Task item -> Your answer should be every line with the word "same", copied from the data below.

Data excerpts ->
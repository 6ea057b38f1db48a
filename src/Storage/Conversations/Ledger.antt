-- ===== src/Storage/Conversations/Ledger.antt =====
-- What the statements of crates/storage/src/conversations.rs keep of the ledger of turns.
use n3ur0n.Storage.Table
use n3ur0n.Storage.Conversations
use mathlib.Core.List.{append_assoc, append-nil}
use mathlib.Core.Path.{subst}
use n3ur0n.Prelude.{
  eqb, Bool-cases, Option-cases, filter, ok, is_ok, ℕ, String, ◌≡◌, refl, sym, ap, ◌∙◌, ◌⊎◌, inl,
  inr, Bool, false, not, ◌&&◌, ◌||◌, Option, none, some, List, [], ◌∷◌, ◌++◌, arith, ◌==◌, eq_iff,
}
use n3ur0n.Storage.{Fault, statement_keeps}
use n3ur0n.Storage.Conversations.{
  TurnRecord, Threads, thread_key, is_stored, turn_at, touched, add_turn, and_then, add_turns,
  committed, append_turns,
}

-- Whether the ledger has a turn already, or not its conversation.
unfoldable pub is_refused : Threads → TurnRecord → Bool
is_refused db t =
    is_stored (turn_at db.turns t.conversation_id t.seq)
    || not (is_stored (Table.find thread_key db.conversations t.conversation_id))

add_turn-turns :
    (db after : Threads) (t : TurnRecord) (updated_at : ℕ)
    → add_turn db t updated_at ≡ some after
    → (is_refused db t ≡ false) × (after.turns ≡ db.turns ++ t ∷ [])
unfolding add_turn is_refused
add_turn-turns db after t updated_at h = elim (Bool-cases (is_refused db t)) [
  | inl bad ↦ absurd (ground (arith, h, bad))
  | inr good ↦ (good, ap (λ (d : Threads). d.turns) (sym (the_one (ground (arith, h, good)))))
]
  where
    the_one :
        some (record {
          conversations =
              Table.update thread_key (touched updated_at) db.conversations t.conversation_id;
          turns = db.turns ++ t ∷ [];
        })
          ≡ some after
        → record {
          conversations =
              Table.update thread_key (touched updated_at) db.conversations t.conversation_id;
          turns = db.turns ++ t ∷ [];
        }
          ≡ after
    the_one e = cc e

add_turns-turns :
    (ts : List TurnRecord) (updated_at : ℕ) (db after : Threads)
    → add_turns ts updated_at db ≡ some after
    → after.turns ≡ db.turns ++ ts
unfolding add_turns
add_turns-turns [] updated_at db after h =
    let same : db ≡ after = cc h in
    ap (λ (d : Threads). d.turns) (sym same) ∙ sym (append-nil db.turns)
add_turns-turns (t ∷ ts) updated_at db after h = elim (Option-cases (add_turn db t updated_at)) [
  | inl refusal ↦ absurd (cc (sym (ap (λ o. and_then o (add_turns ts updated_at)) refusal) ∙ h))
  | inr (next, added) ↦
      add_turns-turns ts updated_at next after
        (sym (ap (λ o. and_then o (add_turns ts updated_at)) added) ∙ h)
      ∙ ap (λ xs. xs ++ ts) (add_turn-turns db next t updated_at added).1
      ∙ append_assoc db.turns (t ∷ []) ts
]

committed-cases :
    (fault : Fault) (db : Threads) (ts : List TurnRecord) (o : Option Threads)
    → ((after : Threads) → o ≡ some after → after.turns ≡ db.turns ++ ts)
    → (((committed fault db o).0 ≡ ok tt) × ((committed fault db o).1.turns ≡ db.turns ++ ts))
      ⊎ ((is_ok (committed fault db o).0 ≡ false) × ((committed fault db o).1 ≡ db))
committed-cases none db ts none h = inr (refl, refl)
committed-cases (some e) db ts none h = inr (refl, refl)
committed-cases none db ts (some after) h = inl (refl, h after refl)
committed-cases (some e) db ts (some after) h = inr (refl, refl)

-- Turns that are appended together are all added, behind those there were, or none is and nothing has
-- changed, whether a statement fails or a turn is already there or belongs to no conversation.
pub append_turns_atomic :
    (fault : Fault) (db : Threads) (ts : List TurnRecord) (updated_at : ℕ)
    → (((append_turns fault db ts updated_at).0 ≡ ok tt)
        × ((append_turns fault db ts updated_at).1.turns ≡ db.turns ++ ts))
      ⊎ ((is_ok (append_turns fault db ts updated_at).0 ≡ false)
          × ((append_turns fault db ts updated_at).1 ≡ db))
unfolding append_turns
append_turns_atomic fault db [] updated_at = inl (refl, sym (append-nil db.turns))
append_turns_atomic fault db (t ∷ ts) updated_at =
    committed-cases fault db (t ∷ ts) (add_turns (t ∷ ts) updated_at db)
      (λ after e. add_turns-turns (t ∷ ts) updated_at db after e)

-- No two turns of a conversation have the same number.
unfoldable pub HasSeqs : List TurnRecord → Type 0
HasSeqs [] = Unit
HasSeqs (t ∷ ts) = (turn_at ts t.conversation_id t.seq ≡ none) × HasSeqs ts

turn_at-append_other :
    (ts : List TurnRecord) (t : TurnRecord) (c : String) (n : ℕ)
    → turn_at ts c n ≡ none
    → (t.conversation_id == c && eqb t.seq n) ≡ false
    → turn_at (ts ++ t ∷ []) c n ≡ none
unfolding turn_at
turn_at-append_other [] t c n h other = ground (arith, other)
turn_at-append_other (x ∷ ts) t c n h other =
    ground (arith, h, other, turn_at-append_other ts t c n)

HasSeqs-append :
    (ts : List TurnRecord) (t : TurnRecord)
    → HasSeqs ts
    → turn_at ts t.conversation_id t.seq ≡ none
    → HasSeqs (ts ++ t ∷ [])
unfolding HasSeqs turn_at
HasSeqs-append [] t h new = (refl, tt)
HasSeqs-append (x ∷ ts) t h new = (
  turn_at-append_other ts t x.conversation_id x.seq h.0 (
      ground (
        arith,
        new,
        eq_iff t.conversation_id x.conversation_id,
        eq_iff x.conversation_id t.conversation_id,
      )),
  HasSeqs-append ts t h.1 (ground (arith, new)),
)

turn_at-filter :
    (p : TurnRecord → Bool) (ts : List TurnRecord) (c : String) (n : ℕ)
    → turn_at ts c n ≡ none
    → turn_at (filter p ts) c n ≡ none
unfolding turn_at
turn_at-filter p [] c n h = refl
turn_at-filter p (t ∷ ts) c n h = ground (arith, h, turn_at-filter p ts c n)

HasSeqs-filter : (p : TurnRecord → Bool) (ts : List TurnRecord) → HasSeqs ts → HasSeqs (filter p ts)
unfolding HasSeqs
HasSeqs-filter p [] h = tt
HasSeqs-filter p (t ∷ ts) h = elim (Bool-cases (p t)) [
  | inl kept ↦ rw kept (turn_at-filter p ts t.conversation_id t.seq h.0, HasSeqs-filter p ts h.1)
  | inr gone ↦ rw gone (HasSeqs-filter p ts h.1)
]

not_stored :
    (ts : List TurnRecord) (c : String) (n : ℕ)
    → is_stored (turn_at ts c n) ≡ false
    → turn_at ts c n ≡ none
not_stored ts c n h = elim (Option-cases (turn_at ts c n)) [
  | inl missing ↦ missing
  | inr (t, found) ↦ absurd (cc (sym (ap is_stored found) ∙ h))
]

add_turns-HasSeqs :
    (ts : List TurnRecord) (updated_at : ℕ) (db after : Threads)
    → HasSeqs db.turns
    → add_turns ts updated_at db ≡ some after
    → HasSeqs after.turns
unfolding add_turns is_refused
add_turns-HasSeqs [] updated_at db after h e =
    let same : db ≡ after = cc e in subst (λ (d : Threads). HasSeqs d.turns) same h
add_turns-HasSeqs (t ∷ ts) updated_at db after h e =
    elim (Option-cases (add_turn db t updated_at)) [
      | inl refusal ↦ absurd (cc (sym (ap (λ o. and_then o (add_turns ts updated_at)) refusal) ∙ e))
      | inr (next, added) ↦
          let (good, longer) = add_turn-turns db next t updated_at added in
          add_turns-HasSeqs ts updated_at next after
            (subst HasSeqs (sym longer) (
              HasSeqs-append db.turns t h
                (not_stored db.turns t.conversation_id t.seq (ground (arith, good)))))
            (sym (ap (λ o. and_then o (add_turns ts updated_at)) added) ∙ e)
    ]

committed-HasSeqs :
    (fault : Fault) (db : Threads) (o : Option Threads)
    → HasSeqs db.turns
    → ((after : Threads) → o ≡ some after → HasSeqs after.turns)
    → HasSeqs (committed fault db o).1.turns
committed-HasSeqs none db none h k = h
committed-HasSeqs (some e) db none h k = h
committed-HasSeqs none db (some after) h k = k after refl
committed-HasSeqs (some e) db (some after) h k = h

append_turns-HasSeqs :
    (fault : Fault) (db : Threads) (ts : List TurnRecord) (updated_at : ℕ)
    → HasSeqs db.turns
    → HasSeqs (append_turns fault db ts updated_at).1.turns
unfolding append_turns
append_turns-HasSeqs fault db [] updated_at h = h
append_turns-HasSeqs fault db (t ∷ rest) updated_at h =
    committed-HasSeqs fault db (add_turns (t ∷ rest) updated_at db) h
      (λ after e. add_turns-HasSeqs (t ∷ rest) updated_at db after h e)

-- No statement ever gives two turns of a conversation the same number, whether it runs or fails:
-- appending turns, deleting a conversation.
pub ledger-HasSeqs :
    (fault : Fault) (db : Threads)
    → HasSeqs db.turns
    → ((ts : List TurnRecord) (updated_at : ℕ)
        → HasSeqs (append_turns fault db ts updated_at).1.turns)
      × ((id : String) → HasSeqs (Conversations.delete fault db id).1.turns)
unfolding Conversations.delete
ledger-HasSeqs fault db h = (
  λ ts updated_at. append_turns-HasSeqs fault db ts updated_at h,
  λ id.
      statement_keeps (λ (d : Threads). HasSeqs d.turns) fault db _ tt h
        (HasSeqs-filter (λ (t : TurnRecord). not (t.conversation_id == id)) db.turns h),
)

Answer to the exercise ->
    let same : db ≡ after = cc h in
    ap (λ (d : Threads). d.turns) (sym same) ∙ sym (append-nil db.turns)
-- No two turns of a conversation have the same number.
    let same : db ≡ after = cc e in subst (λ (d : Threads). HasSeqs d.turns) same h
-- No statement ever gives two turns of a conversation the same number, whether it runs or fails:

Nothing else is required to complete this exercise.